- [Raw data]:
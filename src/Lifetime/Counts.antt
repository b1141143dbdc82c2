-- ===== src/Lifetime/Counts.antt =====
-- The reference counts are the numbers of those that refer.
use ctaps.Prelude.{
  ℕ, zero, suc, ◌+◌, ◌<◌, ◌≡◌, refl, sym, subst, ◌⊎◌, inl, inr, Bool, true, false, not, Option,
  none, some, List, [], ◌∷◌, arith, ◌==◌, if◌then◌else◌, ==_iff, Bool-cases, count,
}
use ctaps.Lifetime.{Group, Manager, Connection, Heap, update, decrement, find, without}

abbrev pub in_group : ℕ → Connection → Bool
in_group i c = elim c.group [ none ↦ false | some j ↦ j == i ]

abbrev pub uses : ℕ → Connection → Bool
uses m c = c.manager == m

abbrev pub one : Bool → ℕ
one b = if b then 1 else 0

-- Allocated with a count of all that refer to it, at least one; or not, and nothing refers to it.
abbrev pub Counts : Bool → ℕ → ℕ → Type 0
Counts allocated refs n =
    ((allocated ≡ true) × (refs ≡ n) × (0 < n)) ⊎ ((allocated ≡ false) × (n ≡ 0))

pub record IsCounted (s : Heap) : Type 0 where
  pub groups :
      (i : ℕ)
      → Counts (s.groups i).allocated (s.groups i).ref_count (count (in_group i) s.connections)
  pub managers :
      (m : ℕ)
      → Counts
          (s.managers m).allocated
          (s.managers m).ref_count
          (count (uses m) s.connections + one (s.managers m).has_listener)

pub count-without :
    (p : Connection → Bool) (u : ℕ) (cs : List Connection) (c : Connection)
    → find u cs ≡ some c
    → count p (without u cs) + one (p c) ≡ count p cs
unfolding find without
count-without p u [] c h = cc
count-without p u (x ∷ cs) c h = elim (Bool-cases (x.uuid == u)) [
  | inl e ↦ ground (arith, h, e)
  | inr e ↦ ground (arith, e, count-without p u cs c (ground (arith, h, e)))
]

module _ {a : Bool} {r n : ℕ} (k : Counts a r n) where
  pub zero_of_free : a ≡ false → n ≡ 0
  zero_of_free h = elim k [ inl x ↦ absurd (cc (h, x.0)) | inr x ↦ x.1 ]

  pub refs_of_allocated : a ≡ true → (r ≡ n) × (0 < n)
  refs_of_allocated h = elim k [ inl x ↦ (x.1, x.2) | inr x ↦ absurd (cc (h, x.0)) ]

  pub allocated_of_pos : 0 < n → a ≡ true
  allocated_of_pos h = elim k [ inl x ↦ x.0 | inr x ↦ absurd (omega (arith, h, x.1)) ]

-- One reference less.
pub decrement-Counts :
    (below r n n' : ℕ)
    → r ≡ n
    → n' + 1 ≡ n
    → Counts (not (decrement below r == 0)) (decrement below r) n'
decrement-Counts below zero n n' e f = absurd (omega (arith, e, f))
decrement-Counts below (suc r) n n' e f = elim (Bool-cases (r == 0)) [
  | inl p ↦ rw p (inr (refl, ground (arith, e, f, p)))
  | inr p ↦ rw p (inl (refl, omega (arith, e, f), ground (arith, e, f, p)))
]

abbrev pub GroupCounts : (ℕ → Group) → List Connection → ℕ → Type 0
GroupCounts f cs j = Counts (f j).allocated (f j).ref_count (count (in_group j) cs)

abbrev pub ManagerCounts : (ℕ → Manager) → List Connection → ℕ → Type 0
ManagerCounts f cs j =
    Counts (f j).allocated (f j).ref_count (count (uses j) cs + one (f j).has_listener)

-- A new member of the group `i`.
pub join-group :
    (f : ℕ → Group) (g : Group) (i u m : ℕ) (cs : List Connection)
    → g.allocated ≡ true
    → g.ref_count ≡ count (in_group i) cs + 1
    → ((j : ℕ) → (j == i) ≡ false → GroupCounts f cs j)
    → (j : ℕ) → GroupCounts (update f i g) (record { uuid = u; group = some i; manager = m } ∷ cs) j
join-group f g i u m cs a r h j = elim (Bool-cases (j == i)) [
  | inl p ↦
      let e : j ≡ i = (==_iff j i).0 p in
      let self : (i == i) ≡ true = ground arith in
      subst
        (λ k. GroupCounts (update f i g) (record { uuid = u; group = some i; manager = m } ∷ cs) k)
        (sym e) (rw self (inl (a, omega (arith, r), omega arith)))
  | inr p ↦ let q : (i == j) ≡ false = ground (arith, p) in rw (p, q) (h j p)
]

-- A new user of the manager `m`.
pub join-manager :
    (f : ℕ → Manager) (x : Manager) (u m : ℕ) (g : Option ℕ) (cs : List Connection)
    → x.allocated ≡ true
    → x.ref_count ≡ count (uses m) cs + one x.has_listener + 1
    → ((j : ℕ) → (j == m) ≡ false → ManagerCounts f cs j)
    → (j : ℕ) → ManagerCounts (update f m x) (record { uuid = u; group = g; manager = m } ∷ cs) j
join-manager f x u m g cs a r h j = elim (Bool-cases (j == m)) [
  | inl p ↦
      let e : j ≡ m = (==_iff j m).0 p in
      let self : (m == m) ≡ true = ground arith in
      subst (λ k. ManagerCounts (update f m x) (record { uuid = u; group = g; manager = m } ∷ cs) k)
        (sym e) (rw self (inl (a, omega (arith, r), omega arith)))
  | inr p ↦ let q : (m == j) ≡ false = ground (arith, p) in rw (p, q) (h j p)
]

module _ (cs : List Connection) where
  pub update-GroupCounts :
      (f : ℕ → Group) (g : Group) (i : ℕ)
      → Counts g.allocated g.ref_count (count (in_group i) cs)
      → ((j : ℕ) → (j == i) ≡ false → GroupCounts f cs j)
      → (j : ℕ) → GroupCounts (update f i g) cs j
  update-GroupCounts f g i k h j = elim (Bool-cases (j == i)) [
    | inl p ↦
        let self : (i == i) ≡ true = ground arith in
        subst (λ n. GroupCounts (update f i g) cs n) (sym ((==_iff j i).0 p)) (rw self k)
    | inr p ↦ rw p (h j p)
  ]

  pub update-ManagerCounts :
      (f : ℕ → Manager) (x : Manager) (m : ℕ)
      → Counts x.allocated x.ref_count (count (uses m) cs + one x.has_listener)
      → ((j : ℕ) → (j == m) ≡ false → ManagerCounts f cs j)
      → (j : ℕ) → ManagerCounts (update f m x) cs j
  update-ManagerCounts f x m k h j = elim (Bool-cases (j == m)) [
    | inl p ↦
        let self : (m == m) ≡ true = ground arith in
        subst (λ n. ManagerCounts (update f m x) cs n) (sym ((==_iff j m).0 p)) (rw self k)
    | inr p ↦ rw p (h j p)
  ]
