-- ===== src/Lifetime/Safety.antt =====
-- No memory is used that is not allocated, and none is left that nobody refers to.
use ctaps.Prelude.{
  ◌<◌, ℕ, ◌+◌, ◌≡◌, refl, ap, ◌∙◌, Bool, true, false, not, none, some, [], ◌∷◌, arith, ◌==◌, u64,
  if◌then◌else◌,
}
use ctaps.Lifetime.{
  Group, Manager, Connection, Heap, update, Run, then_run, decrement, size_max, minus_one, int_max,
  can_refer, set_manager, group_new, manager_new, manager_add_connection, manager_unref, has,
  group_add_connection, find, create_client, create_server_connection, create_clone,
}
use ctaps.Lifetime.Counts.{IsCounted, zero_of_free, refs_of_allocated, join-group, join-manager}

pub eq_self : (n : ℕ) → (n == n) ≡ true
eq_self n = ground arith

-- A run that ends, in a heap whose counts are right.
abbrev pub Ends : Run → Type 0
Ends r = (t : Heap) × (r ≡ some t) × IsCounted t

pub if_true {ℓ} : {A : Type ℓ} (b : Bool) (x y : A) → b ≡ true → (if b then x else y) ≡ x
if_true b x y h = rw h

pub if_false {ℓ} : {A : Type ℓ} (b : Bool) (x y : A) → b ≡ false → (if b then x else y) ≡ y
if_false b x y h = rw h

-- What the parts do where the memory that they use is allocated.
abbrev referred : ℕ → Manager → Manager
referred u x = record x { all_connections = u ∷ x.all_connections; ref_count = x.ref_count + 1 }

manager_add-runs :
    (m u : ℕ) (s : Heap)
    → (s.managers m).allocated ≡ true
    → (s.managers m).ref_count < int_max
    → manager_add_connection m u s ≡ some (set_manager m (referred u (s.managers m)) s)
unfolding manager_add_connection
manager_add-runs m u s h l = if_true (can_refer (s.managers m)) _ _ (ground (arith, h, l))

abbrev joined : ℕ → Group → Group
joined u g = record g { connections = u ∷ g.connections; ref_count = u64 (g.ref_count + 1) }

abbrev with_member : ℕ → ℕ → ℕ → Heap → Heap
with_member i u m s = record s {
  groups = update s.groups i (joined u (s.groups i));
  connections = record { uuid = u; group = some i; manager = m } ∷ s.connections;
}

group_add-runs :
    (i u m : ℕ) (s : Heap)
    → (s.groups i).allocated ≡ true
    → has u (s.groups i).connections ≡ false
    → group_add_connection i u m s ≡ some (with_member i u m s)
unfolding group_add_connection
group_add-runs i u m s h g =
    if_false (not (s.groups i).allocated) _ _ (ground (arith, h))
    ∙ if_false (has u (s.groups i).connections) _ _ g

pub manager_unref-runs :
    (m : ℕ) (s : Heap)
    → (s.managers m).allocated ≡ true
    → manager_unref m s
      ≡ some (
          set_manager m
            (record (s.managers m) {
              ref_count = decrement minus_one (s.managers m).ref_count;
              allocated = not (decrement minus_one (s.managers m).ref_count == 0);
            })
            s)
unfolding manager_unref
manager_unref-runs m s h = if_true (s.managers m).allocated _ _ h

module _ (s : Heap) (v : IsCounted s) where
  pub client-Ends :
      (u i m : ℕ)
      → (s.groups i).allocated ≡ false
      → (s.managers m).allocated ≡ false
      → Ends (create_client u i m s)
  unfolding create_client group_new manager_new group_add_connection manager_add_connection
  client-Ends u i m g x =
      let c : Connection = record { uuid = u; group = some i; manager = m } in
      let zero_members = zero_of_free (v.groups i) g in
      let zero_users = zero_of_free (v.managers m) x in
      let g0 : Group = record { ref_count = 0; connections = []; allocated = true } in
      let g1 : Group = record { ref_count = 1; connections = u ∷ []; allocated = true } in
      let x0 : Manager = record {
        ref_count = 0;
        all_connections = [];
        has_listener = false;
        allocated = true;
      } in
      let x1 : Manager = record {
        ref_count = 1;
        all_connections = u ∷ [];
        has_listener = false;
        allocated = true;
      } in
      (
        record {
          groups = update (update s.groups i g0) i g1;
          managers = update (update s.managers m x0) m x1;
          connections = c ∷ s.connections;
        },
        rw (eq_self i, eq_self m),
        record {
          groups =
              join-group (update s.groups i g0) g1 i u m s.connections refl
                (omega (arith, zero_members)) (λ j p. rw p (v.groups j));
          managers =
              join-manager (update s.managers m x0) x1 u m (some i) s.connections refl
                (omega (arith, zero_users)) (λ j p. rw p (v.managers j));
        },
      )

  pub server-Ends :
      (u i m : ℕ)
      → (s.groups i).allocated ≡ false
      → (s.managers m).allocated ≡ true
      → (s.managers m).ref_count < int_max
      → Ends (create_server_connection u i m s)
  unfolding create_server_connection group_new group_add_connection
  server-Ends u i m g x l =
      let c : Connection = record { uuid = u; group = some i; manager = m } in
      let zero_members = zero_of_free (v.groups i) g in
      let r = refs_of_allocated (v.managers m) x in
      let g0 : Group = record { ref_count = 0; connections = []; allocated = true } in
      let g1 : Group = record { ref_count = 1; connections = u ∷ []; allocated = true } in
      let y = s.managers m in
      let y1 : Manager = record y {
        all_connections = u ∷ y.all_connections;
        ref_count = y.ref_count + 1;
      } in
      let t1 : Heap = record {
        groups = update (update s.groups i g0) i g1;
        managers = s.managers;
        connections = c ∷ s.connections;
      } in
      let first : group_add_connection i u m (group_new i s) ≡ some t1 = rw (eq_self i) in
      (
        record {
          groups = update (update s.groups i g0) i g1;
          managers = update s.managers m y1;
          connections = c ∷ s.connections;
        },
        ap (λ r. then_run r (manager_add_connection m u)) first ∙ manager_add-runs m u t1 x l,
        record {
          groups =
              join-group (update s.groups i g0) g1 i u m s.connections refl
                (omega (arith, zero_members)) (λ j p. rw p (v.groups j));
          managers =
              join-manager s.managers y1 u m (some i) s.connections x (omega (arith, r.0))
                (λ j p. v.managers j);
        },
      )

  pub clone-Ends :
      (u i : ℕ) (c : Connection)
      → find c.uuid s.connections ≡ some c
      → c.group ≡ some i
      → has u (s.groups i).connections ≡ false
      → (s.groups i).allocated ≡ true
      → (s.managers c.manager).allocated ≡ true
      → (s.groups i).ref_count < size_max
      → (s.managers c.manager).ref_count < int_max
      → Ends (create_clone c u s)
  unfolding create_clone
  clone-Ends u i c f g n a x k l =
      let rg = refs_of_allocated (v.groups i) a in
      let rm = refs_of_allocated (v.managers c.manager) x in
      let t = set_manager c.manager (referred u (s.managers c.manager)) s in
      (
        with_member i u c.manager t,
        ap
              (λ r.
                then_run r (λ w. elim c.group [
                  | none ↦ none
                  | some k ↦ group_add_connection k u c.manager w
                ]))
              (manager_add-runs c.manager u s x l)
            ∙ in_its_group t
            ∙ group_add-runs i u c.manager t a n,
        record {
          groups =
              join-group s.groups (joined u (s.groups i)) i u c.manager s.connections a
                (counted (s.groups i).ref_count _ rg.0 k) (λ j p. v.groups j);
          managers =
              join-manager s.managers (referred u (s.managers c.manager)) u c.manager (some i)
                s.connections x (omega (arith, rm.0)) (λ j p. v.managers j);
        },
      )
    where
      in_its_group :
          (w : Heap)
          → (elim c.group [ none ↦ none | some k ↦ group_add_connection k u c.manager w ])
            ≡ group_add_connection i u c.manager w
      in_its_group w = rw g

      counted : (r n : ℕ) → r ≡ n → r < size_max → u64 (r + 1) ≡ n + 1
      counted r n e l = omega (arith, e, l)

- [Task prompt]: From the listing above, copy out each line where the word "without" appears.

- [Solution to this problem]:
use ctaps.Lifetime.{Group, Manager, Connection, Heap, update, decrement, find, without}
pub count-without :
    → count p (without u cs) + one (p c) ≡ count p cs
unfolding find without
count-without p u [] c h = cc
count-without p u (x ∷ cs) c h = elim (Bool-cases (x.uuid == u)) [
  | inr e ↦ ground (arith, e, count-without p u cs c (ground (arith, h, e)))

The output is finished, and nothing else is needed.